The script hereafter contains a Python class MixtureFactory that estimates the parameters of a scikitlearn GaussianMixture and outputs an OpenTURNS Mixture distribution:

from sklearn.mixture import GaussianMixture
from sklearn.utils.validation import check_is_fitted
import openturns as ot
import numpy as np

class MixtureFactory(GaussianMixture):
    """
    Representation of a Gaussian mixture model probability distribution.

    This class allows to estimate the parameters of a Gaussian mixture
    distribution using scikit algorithms & provides openturns Mixture object.
    
    Read more in scikit learn user guide & openturns theory.

    Parameters:
    -----------
    n_components : int, defaults to 1.
        The number of mixture components.

    covariance_type : {'full' (default), 'tied', 'diag', 'spherical'}
        String describing the type of covariance parameters to use.
        Must be one of:

        'full'
            each component has its own general covariance matrix
        'tied'
            all components share the same general covariance matrix
        'diag'
            each component has its own diagonal covariance matrix
        'spherical'
            each component has its own single variance

    tol : float, defaults to 1e-3.
        The convergence threshold. EM iterations will stop when the
        lower bound average gain is below this threshold.

    reg_covar : float, defaults to 1e-6.
        Non-negative regularization added to the diagonal of covariance.
        Allows to assure that the covariance matrices are all positive.

    max_iter : int, defaults to 100.
        The number of EM iterations to perform.

    n_init : int, defaults to 1.
        The number of initializations to perform. The best results are kept.

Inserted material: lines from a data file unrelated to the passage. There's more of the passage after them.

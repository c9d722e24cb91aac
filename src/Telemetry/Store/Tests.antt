-- ===== src/Telemetry/Store/Tests.antt =====
-- Runs of the telemetry store.
use busybar_bridge.Prelude.{◌≡◌, refl, List, [], ◌∷◌, none, some, arith, map}
use busybar_bridge.Prelude.Int.{pos}
use busybar_bridge.Prelude.Text.{codes}
use busybar_bridge.Telemetry.Types.{success, failure}
use busybar_bridge.Telemetry.Store.{new_store}
use busybar_bridge.Telemetry.Store.Calls.{Call, event, outcome, drop, calendar_poll, step, run}
use busybar_bridge.Telemetry.Store.Log.{log_run, Refines, run-new_store-Refines}
use busybar_bridge.Telemetry.Store.Counts.{IsConsistent, run-IsConsistent, new_store-IsConsistent}
use mathlib.Core.Bool.{false}

-- Twelve events, of which the ring keeps ten; the outcomes of the first and of the fourth.
abbrev history : List Call
history =
    press
    ∷ press
    ∷ press
    ∷ turn
    ∷ turn
    ∷ turn
    ∷ press
    ∷ press
    ∷ press
    ∷ press
    ∷ press
    ∷ press
    ∷ outcome 1 success (pos 7_000_000) none
    ∷ outcome 4 failure (pos 9_000_000) (some (codes "x"))
    ∷ drop
    ∷ calendar_poll false [] (some (codes "y")) (pos 5)
    ∷ []
  where
    press : Call
    press = event (codes "Button") (codes "button ok press") (pos 1)

    turn : Call
    turn = event (codes "encoder") (codes "encoder 1") (pos 2)

run_ids :
    map (λ t. t.id) (run (new_store (pos 0)) history).ring_buffer
    ≡ 3 ∷ 4 ∷ 5 ∷ 6 ∷ 7 ∷ 8 ∷ 9 ∷ 10 ∷ 11 ∷ 12 ∷ []
unfolding new_store run step
run_ids = refl

run-new_store-Refines_example : Refines (run (new_store (pos 0)) history) (log_run [] history)
run-new_store-Refines_example = run-new_store-Refines (pos 0) history (omega arith)

run-IsConsistent_example : IsConsistent (run (new_store (pos 0)) history)
run-IsConsistent_example =
    run-IsConsistent (new_store (pos 0)) history (new_store-IsConsistent (pos 0))
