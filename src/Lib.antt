-- ===== src/Lib.antt =====
-- eotan is a small operating system with a microkernel: the kernel (kernel/), its containers and C
-- library (lib/), file-system libraries (lib/libtfs, lib/libvfs), servers, drivers and commands.
-- This library models parts of it as functions over values and states, and proves what they
-- promise.
--
-- Prelude holds the shared names; Bits and Bitmap the words and arrays of words that the
-- allocators use, with a set bit for a free number. A pointer into a structure is an index, a
-- 32-bit word is a natural number with its wrap-around written out, a status of -1 or NULL is
-- `none`.
--
-- Kernel/Palloc is kernel/palloc.c: `palloc`, `pfree`, `pzero`, over the memory map and the words
-- of memory. Its loop runs over the blocks left, so it needs no fuel.
--
-- Kernel/State is the state of the scheduler: the threads by their key in the thread tree, the
-- ready queues and their bits, the running thread, and the `sync` flags of `sysinfo`. The calls
-- change it as one after another: Kernel/Ready is kernel/ready.c (`ready_enqueue`,
-- `ready_rotate`, `tick`, `ready_dequeue`, whose loop clears one of 32 bits in each round, so 32
-- rounds are enough), Kernel/Sync is kernel/sync.c, `dispatch` and `ipc_notify` (`wait`,
-- `release`, `release_all`, `leave_serialize`), Kernel/Thread is kernel/thread.c, built on both,
-- and Kernel/Ipc is kernel/ipc.c: Kernel/Ipc opens, closes and listens, Kernel/Ipc/Message calls
-- and Kernel/Ipc/Send receives, sends and replies; what a call does after it waited is an
-- operation of its own, `reply_tree` is a map from its keys, `reply_sequence` is that of
-- Set/Sequence, and the copying between the memories of threads (drivers/i686/memcpy.c) is any
-- partial function. A read through a null pointer sets `crashed`. The machine context is not
-- modelled: `context_switch` is the change of the running thread. Kernel/Thread/Steps makes the
-- kernel a step relation over these operations.
--
-- Set/Sequence is lib/libnc/set/sequence.c and sequence_initialize.c. Its loops are counted.
--
-- Set/Tree is lib/libnc/set/aatree.c, aatree_first.c, aatree_root.c and aatree_traverse.c: the tree
-- is a data type whose empty tree is `nil_node`, a key is counted from the smallest `int`, and
-- `tree_create` is given no comparison and no choice of a root. Set/Tree/Assoc is the map that it is
-- held against, and Set/Tree/Reached the trees that its operations make. To split the nil node is `none`, which would raise the level of every empty tree.
--
-- Set/Ring is lib/libnc/set/ring.c over a memory that is a function of the place; its loops run for
-- two rounds, after which a position that wraps round has done so, and Set/Ring/Put shows with
-- Set/Ring/Laws that nothing is left to do.
--
-- Set/Heap is lib/libnc/set/heap.c and include/set/heap.h over a buffer that is a function of the
-- index. A loop runs on fuel, as many rounds as the index it starts from, or as there are values;
-- Set/Heap/Up and Set/Heap/Down show that these are enough.
--
-- Set/Links is lib/libnc/set/list.c, list_release.c and include/set/list.h, on one store of links in
-- which an entry is an address; the other parts use a list as the sequence of its entries, and
-- Set/Links/Refine shows that this is what the links stand for. `list_release` runs on fuel, one
-- round for each entry and one more.
--
-- Rc/Zle is lib/librc/zle_encode.c and zle_decode.c; the streams are lists of bytes and the loops
-- run on fuel, one round for each byte of the input and one more, since every round reads a byte.
--
-- Fs/Cache is lib/libvfs/cache.c: the slots and the lists of them, the hash table, which has room for
-- every slot, as a map from channels and block numbers, and the blocks of the devices. The devices'
-- functions are parameters; a write that fails may leave anything in its block. Every loop goes
-- down a list. Fs/Cache/Valid says what every operation keeps, Fs/Cache/Pick takes a slot for another
-- block, Fs/Cache/Clean, Flush, Sync and Whole write the dirty blocks.
--
-- Libc/Gmtime is lib/libc/others/gmtime_r.c for times below 2^31; Libc/Gmtime/Calendar is the
-- calendar that it is held against. Libc/Utf8 is lib/libc/stdlib/wctomb.c, mbtowc.c and mblen.c
-- over memory that holds a byte at every index. Libc/Strtoul is lib/libc/stdlib/strtoul.c on the
-- bytes before the NUL, where every loop goes down the list; Libc/Strtol is strtol.c, which shares
-- that text. Libc/Strtoul/Text is what they are held against, the numbers as text.
--
-- Str is lib/libnc/string: strstr.c, memmove.c, memcpy.c, memset.c, strtok_r.c, strspn.c,
-- strcspn.c and strpbrk.c, on the bytes before the NUL or on a memory that is a function of the address, where no address wraps
-- round; `strstr` counts its places in an `int`, which wraps. It runs on fuel, one round more than
-- the string is long, since every round moves on. Str/Place says where a key stands.
--
-- Ctype is lib/libnc/ctype/ctype.c, its table included.
--
-- Not modelled: drivers, servers, commands, the starter, drawing and fonts, which are input and
-- output or glue over these parts; PROJECT.json lists them.
pub mod Bitmap
pub mod Bits
pub mod Ctype
pub mod Fs
pub mod Kernel
pub mod Libc
pub mod Prelude
pub mod Rc
pub mod Set
pub mod Str
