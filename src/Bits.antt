-- ===== src/Bits.antt =====
-- Bits of an unsigned word, low bit first, as the kernel's maps use them: `w & 1 << k`,
-- `w | 1 << k`, `w & ~(1 << k)`, `a & b` and `count_ntz` (include/i686/mpu/bits.h).
pub mod Laws
pub mod Count
use eotan.Prelude.{ℕ, zero, suc, ◌+◌, ◌*◌, ◌/◌, ◌%◌, Bool, true, false, ◌&&◌, ◌==◌, if◌then◌else◌}

abbrev pub is_odd : ℕ → Bool
is_odd w = w % 2 == 1

-- `w & 1 << k`, as a truth value
unfoldable pub test_bit : ℕ → ℕ → Bool
test_bit w zero = is_odd w
test_bit w (suc k) = test_bit (w / 2) k

-- `w | 1 << k`
unfoldable pub set_bit : ℕ → ℕ → ℕ
set_bit w zero = w / 2 * 2 + 1
set_bit w (suc k) = set_bit (w / 2) k * 2 + w % 2

-- `w & ~(1 << k)`
unfoldable pub clear_bit : ℕ → ℕ → ℕ
clear_bit w zero = w / 2 * 2
clear_bit w (suc k) = clear_bit (w / 2) k * 2 + w % 2

-- `a & b` over the low `n` bits
unfoldable pub and_bits : ℕ → ℕ → ℕ → ℕ
and_bits zero a b = 0
and_bits (suc n) a b = and_bits n (a / 2) (b / 2) * 2 + (if is_odd a && is_odd b then 1 else 0)

-- The number of trailing zeros of a word of `n` bits; of 0 it is `n`.
unfoldable pub count_ntz : ℕ → ℕ → ℕ
count_ntz zero w = 0
count_ntz (suc n) w = let more = count_ntz n (w / 2) in if is_odd w then 0 else suc more

-- The number of set bits among the low `n`.
unfoldable pub count_bits : ℕ → ℕ → ℕ
count_bits zero w = 0
count_bits (suc n) w = w % 2 + count_bits n (w / 2)
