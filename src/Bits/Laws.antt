-- ===== src/Bits/Laws.antt =====
-- How the updates of single bits and the search for the lowest one read through `test_bit`.
use eotan.Prelude.{
  ℕ, zero, suc, ◌+◌, ◌-◌, ◌*◌, ◌/◌, ◌%◌, ◌^◌, ◌<◌, ◌≡◌, refl, true, false, ◌&&◌, arith, ◌==◌,
  if◌then◌else◌,
}
use native.Mathlib.Nat.{pow-suc}
use eotan.Bits.{test_bit, set_bit, clear_bit, and_bits}

pub double-half : (w : ℕ) (b : ℕ) → b < 2 → (w * 2 + b) / 2 ≡ w
double-half w b h = omega arith

-- Setting a bit sets that bit and no other.
pub test_bit-set_bit :
    (w k j : ℕ) → test_bit (set_bit w k) j ≡ (if k == j then true else test_bit w j)
unfolding test_bit set_bit
test_bit-set_bit w zero zero = ground arith
test_bit-set_bit w zero (suc j) = ground (arith, double-half (w / 2) 1)
test_bit-set_bit w (suc k) zero = ground arith
test_bit-set_bit w (suc k) (suc j) =
    ground (arith, double-half (set_bit (w / 2) k) (w % 2), test_bit-set_bit (w / 2) k j)

-- Clearing a bit clears that bit and no other.
pub test_bit-clear_bit :
    (w k j : ℕ) → test_bit (clear_bit w k) j ≡ (if k == j then false else test_bit w j)
unfolding test_bit clear_bit
test_bit-clear_bit w zero zero = ground arith
test_bit-clear_bit w zero (suc j) = ground (arith, double-half (w / 2) 0)
test_bit-clear_bit w (suc k) zero = ground arith
test_bit-clear_bit w (suc k) (suc j) =
    ground (arith, double-half (clear_bit (w / 2) k) (w % 2), test_bit-clear_bit (w / 2) k j)

pub test_bit-and_bits :
    (n a b k : ℕ) → k < n → test_bit (and_bits n a b) k ≡ (test_bit a k && test_bit b k)
unfolding test_bit and_bits
test_bit-and_bits zero a b k h = absurd (omega arith)
test_bit-and_bits (suc n) a b zero h = ground arith
test_bit-and_bits (suc n) a b (suc k) h = ground (
  arith,
  double-half (and_bits n (a / 2) (b / 2)) 0,
  double-half (and_bits n (a / 2) (b / 2)) 1,
  test_bit-and_bits n (a / 2) (b / 2) k,
)

-- A word below `2 ^ k` has no bit `k`.
pub test_bit_high : (w k : ℕ) → w < 2 ^ k → test_bit w k ≡ false
unfolding test_bit
test_bit_high w zero h = ground arith
test_bit_high w (suc k) h = test_bit_high (w / 2) k (omega (arith, pow-suc 2 k))

-- Where the bit is clear, `|` adds its value; where it is set, `& ~` takes it away.
pub set_bit-eq-add : (w k : ℕ) → test_bit w k ≡ false → set_bit w k ≡ w + 2 ^ k
unfolding test_bit set_bit
set_bit-eq-add w zero h = ground arith
set_bit-eq-add w (suc k) h = omega (arith, pow-suc 2 k, set_bit-eq-add (w / 2) k h)

pub clear_bit-add : (w k : ℕ) → test_bit w k ≡ true → clear_bit w k + 2 ^ k ≡ w
unfolding test_bit clear_bit
clear_bit-add w zero h = ground arith
clear_bit-add w (suc k) h = omega (arith, pow-suc 2 k, clear_bit-add (w / 2) k h)

pub test_bit_zero : (k : ℕ) → test_bit 0 k ≡ false
unfolding test_bit
test_bit_zero zero = refl
test_bit_zero (suc k) = test_bit_zero k

pub pow_pos : (n : ℕ) → 0 < 2 ^ n
pow_pos zero = omega arith
pow_pos (suc n) = omega (arith, pow-suc 2 n, pow_pos n)

-- A word under a mask of ones.
pub and_bits-ones : (n w : ℕ) → w < 2 ^ n → and_bits n w (2 ^ n - 1) ≡ w
unfolding and_bits
and_bits-ones zero w h = omega arith
and_bits-ones (suc n) w h =
    let half : (2 ^ suc n - 1) / 2 ≡ 2 ^ n - 1 = omega (arith, pow-suc 2 n) in
    let odd : (2 ^ suc n - 1) % 2 ≡ 1 = omega (arith, pow-suc 2 n, pow_pos n) in
    rw (half, odd) (ground (arith, and_bits-ones n (w / 2) (omega (arith, pow-suc 2 n))))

    init_params : {'kmeans', 'random'}, defaults to 'kmeans'.
        The method used to initialize the weights, the means and the
        precisions.
        Must be one of::

            'kmeans' : responsibilities are initialized using kmeans.
            'random' : responsibilities are initialized randomly.

    weights_init : array-like, shape (n_components, ), optional
        The user-provided initial weights, defaults to None.
        If it None, weights are initialized using the `init_params` method.

    means_init : array-like, shape (n_components, n_features), optional
        The user-provided initial means, defaults to None,
        If it None, means are initialized using the `init_params` method.

    precisions_init : array-like, optional.
        The user-provided initial precisions (inverse of the covariance
        matrices), defaults to None.
        If it None, precisions are initialized using the 'init_params' method.
        The shape depends on 'covariance_type'::

            (n_components,)                        if 'spherical',
            (n_features, n_features)               if 'tied',
            (n_components, n_features)             if 'diag',
            (n_components, n_features, n_features) if 'full'

    random_state : int, RandomState instance or None, optional (default=None)
        If int, random_state is the seed used by the random number generator;
        If RandomState instance, random_state is the random number generator;
        If None, the random number generator is the RandomState instance used
        by `np.random`.

    warm_start : bool, default to False.
        If 'warm_start' is True, the solution of the last fitting is used as
        initialization for the next call of fit(). This can speed up
        convergence when fit is called several times on similar problems.
        In that case, 'n_init' is ignored and only a single initialization
        occurs upon the first call.
        See :term:`the Glossary <warm_start>`.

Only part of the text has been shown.